►

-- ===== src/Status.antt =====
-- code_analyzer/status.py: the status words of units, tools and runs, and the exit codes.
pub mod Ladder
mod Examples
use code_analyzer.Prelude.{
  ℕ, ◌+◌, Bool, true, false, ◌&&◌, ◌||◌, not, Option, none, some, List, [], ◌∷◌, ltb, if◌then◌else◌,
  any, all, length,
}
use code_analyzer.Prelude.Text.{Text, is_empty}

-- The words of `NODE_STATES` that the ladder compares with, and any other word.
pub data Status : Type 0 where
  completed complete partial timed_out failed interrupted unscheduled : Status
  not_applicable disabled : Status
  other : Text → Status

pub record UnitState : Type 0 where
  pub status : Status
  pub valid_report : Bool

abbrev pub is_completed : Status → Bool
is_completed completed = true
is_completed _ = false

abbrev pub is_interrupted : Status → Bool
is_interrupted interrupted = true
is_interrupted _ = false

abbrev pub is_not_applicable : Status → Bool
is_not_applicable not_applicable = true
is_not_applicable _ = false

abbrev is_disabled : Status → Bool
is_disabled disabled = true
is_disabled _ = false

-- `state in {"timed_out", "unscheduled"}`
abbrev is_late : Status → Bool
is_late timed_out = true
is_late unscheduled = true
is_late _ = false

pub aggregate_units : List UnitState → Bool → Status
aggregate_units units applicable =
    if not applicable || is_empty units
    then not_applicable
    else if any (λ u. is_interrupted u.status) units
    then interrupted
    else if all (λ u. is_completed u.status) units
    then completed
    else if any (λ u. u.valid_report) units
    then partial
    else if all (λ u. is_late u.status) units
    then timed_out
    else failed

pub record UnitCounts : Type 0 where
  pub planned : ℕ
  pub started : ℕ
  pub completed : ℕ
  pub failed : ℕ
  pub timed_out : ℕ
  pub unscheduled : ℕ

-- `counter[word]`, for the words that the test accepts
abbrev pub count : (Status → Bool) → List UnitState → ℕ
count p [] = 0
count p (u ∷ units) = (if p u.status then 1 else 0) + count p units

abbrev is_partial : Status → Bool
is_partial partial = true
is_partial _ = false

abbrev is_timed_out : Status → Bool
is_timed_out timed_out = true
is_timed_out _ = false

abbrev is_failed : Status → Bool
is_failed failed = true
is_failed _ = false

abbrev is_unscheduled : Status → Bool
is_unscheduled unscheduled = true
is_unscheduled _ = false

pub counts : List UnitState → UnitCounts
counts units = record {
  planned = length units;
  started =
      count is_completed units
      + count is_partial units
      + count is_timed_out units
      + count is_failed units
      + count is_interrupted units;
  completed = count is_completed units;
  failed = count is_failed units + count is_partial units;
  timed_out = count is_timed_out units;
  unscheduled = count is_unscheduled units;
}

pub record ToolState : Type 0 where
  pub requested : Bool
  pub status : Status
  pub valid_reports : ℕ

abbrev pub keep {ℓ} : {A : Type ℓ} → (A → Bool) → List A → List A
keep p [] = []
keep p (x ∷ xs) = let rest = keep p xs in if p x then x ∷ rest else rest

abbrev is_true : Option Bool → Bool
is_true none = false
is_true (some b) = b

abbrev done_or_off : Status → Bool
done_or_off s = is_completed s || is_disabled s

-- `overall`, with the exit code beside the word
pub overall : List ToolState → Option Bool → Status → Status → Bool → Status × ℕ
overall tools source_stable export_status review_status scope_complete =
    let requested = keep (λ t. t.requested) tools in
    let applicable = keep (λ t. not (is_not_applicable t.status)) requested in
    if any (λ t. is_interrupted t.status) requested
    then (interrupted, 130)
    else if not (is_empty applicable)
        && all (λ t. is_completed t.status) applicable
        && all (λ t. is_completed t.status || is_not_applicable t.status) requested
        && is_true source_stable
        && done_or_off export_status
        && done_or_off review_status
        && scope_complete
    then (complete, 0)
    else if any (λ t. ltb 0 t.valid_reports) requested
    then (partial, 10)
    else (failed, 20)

◄
►

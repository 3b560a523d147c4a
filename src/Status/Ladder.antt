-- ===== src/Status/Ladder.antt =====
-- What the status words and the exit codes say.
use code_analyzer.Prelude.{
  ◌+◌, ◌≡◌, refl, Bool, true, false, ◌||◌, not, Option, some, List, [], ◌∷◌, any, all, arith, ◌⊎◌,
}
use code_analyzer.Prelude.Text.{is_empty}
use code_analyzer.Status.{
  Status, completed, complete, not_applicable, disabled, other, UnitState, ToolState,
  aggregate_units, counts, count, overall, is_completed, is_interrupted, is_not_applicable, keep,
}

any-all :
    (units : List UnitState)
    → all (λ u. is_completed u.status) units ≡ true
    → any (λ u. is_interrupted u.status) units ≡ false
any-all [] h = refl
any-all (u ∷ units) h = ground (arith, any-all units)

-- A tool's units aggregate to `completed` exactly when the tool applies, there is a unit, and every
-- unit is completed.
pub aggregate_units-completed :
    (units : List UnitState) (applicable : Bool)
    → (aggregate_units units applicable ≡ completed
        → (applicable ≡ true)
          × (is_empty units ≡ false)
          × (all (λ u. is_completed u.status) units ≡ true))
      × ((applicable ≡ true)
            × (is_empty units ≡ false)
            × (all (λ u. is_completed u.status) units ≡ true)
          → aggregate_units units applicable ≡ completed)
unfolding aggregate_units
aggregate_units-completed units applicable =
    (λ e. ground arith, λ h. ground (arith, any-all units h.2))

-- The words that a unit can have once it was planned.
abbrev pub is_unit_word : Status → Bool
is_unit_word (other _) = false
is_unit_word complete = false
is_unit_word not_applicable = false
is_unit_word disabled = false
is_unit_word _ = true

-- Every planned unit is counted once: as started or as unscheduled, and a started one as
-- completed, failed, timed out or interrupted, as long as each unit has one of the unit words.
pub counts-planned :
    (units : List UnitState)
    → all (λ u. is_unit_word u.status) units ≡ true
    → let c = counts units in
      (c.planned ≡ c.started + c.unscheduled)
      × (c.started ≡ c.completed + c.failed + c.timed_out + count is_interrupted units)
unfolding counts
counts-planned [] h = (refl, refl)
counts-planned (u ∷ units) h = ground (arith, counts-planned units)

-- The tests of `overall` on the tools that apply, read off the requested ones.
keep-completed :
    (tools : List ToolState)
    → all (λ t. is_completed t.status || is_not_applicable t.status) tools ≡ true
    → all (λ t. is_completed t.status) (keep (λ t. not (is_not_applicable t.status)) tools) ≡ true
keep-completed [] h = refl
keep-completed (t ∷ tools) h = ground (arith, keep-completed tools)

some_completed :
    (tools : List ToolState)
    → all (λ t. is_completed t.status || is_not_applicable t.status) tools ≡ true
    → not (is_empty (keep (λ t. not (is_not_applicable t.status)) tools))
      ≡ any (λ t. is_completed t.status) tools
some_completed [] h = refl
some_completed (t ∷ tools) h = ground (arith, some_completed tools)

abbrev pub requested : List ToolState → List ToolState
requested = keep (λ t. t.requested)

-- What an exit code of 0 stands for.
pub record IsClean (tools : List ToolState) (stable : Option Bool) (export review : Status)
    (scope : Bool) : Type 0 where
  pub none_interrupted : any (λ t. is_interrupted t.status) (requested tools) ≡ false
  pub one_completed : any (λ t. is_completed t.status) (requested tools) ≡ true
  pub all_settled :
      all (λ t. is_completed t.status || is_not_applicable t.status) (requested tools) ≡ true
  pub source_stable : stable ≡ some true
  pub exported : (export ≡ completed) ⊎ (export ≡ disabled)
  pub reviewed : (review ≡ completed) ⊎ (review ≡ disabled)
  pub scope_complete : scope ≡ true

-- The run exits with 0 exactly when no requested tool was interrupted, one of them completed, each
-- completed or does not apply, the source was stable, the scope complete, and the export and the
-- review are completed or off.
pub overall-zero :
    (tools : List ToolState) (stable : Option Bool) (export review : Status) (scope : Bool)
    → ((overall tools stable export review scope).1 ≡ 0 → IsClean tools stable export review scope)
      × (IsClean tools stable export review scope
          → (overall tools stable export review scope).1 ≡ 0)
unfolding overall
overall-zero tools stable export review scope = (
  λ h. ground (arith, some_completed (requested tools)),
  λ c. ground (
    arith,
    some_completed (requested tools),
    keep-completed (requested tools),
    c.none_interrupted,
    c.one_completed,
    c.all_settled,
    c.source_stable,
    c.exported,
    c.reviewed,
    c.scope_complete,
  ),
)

◄

§ INSTRUCTIONS TO FOLLOW
Give back, word for word, only the lines above from the line holding "keep p (x ∷" to the line holding "else (failed, 20)", both included.

§ REPLY
keep p (x ∷ xs) = let rest = keep p xs in if p x then x ∷ rest else rest

abbrev is_true : Option Bool → Bool
is_true none = false
is_true (some b) = b

abbrev done_or_off : Status → Bool
done_or_off s = is_completed s || is_disabled s

-- `overall`, with the exit code beside the word
pub overall : List ToolState → Option Bool → Status → Status → Bool → Status × ℕ
overall tools source_stable export_status review_status scope_complete =
    let requested = keep (λ t. t.requested) tools in
    let applicable = keep (λ t. not (is_not_applicable t.status)) requested in
    if any (λ t. is_interrupted t.status) requested
    then (interrupted, 130)
    else if not (is_empty applicable)
        && all (λ t. is_completed t.status) applicable
        && all (λ t. is_completed t.status || is_not_applicable t.status) requested
        && is_true source_stable
        && done_or_off export_status
        && done_or_off review_status
        && scope_complete
    then (complete, 0)
    else if any (λ t. ltb 0 t.valid_reports) requested
    then (partial, 10)
    else (failed, 20)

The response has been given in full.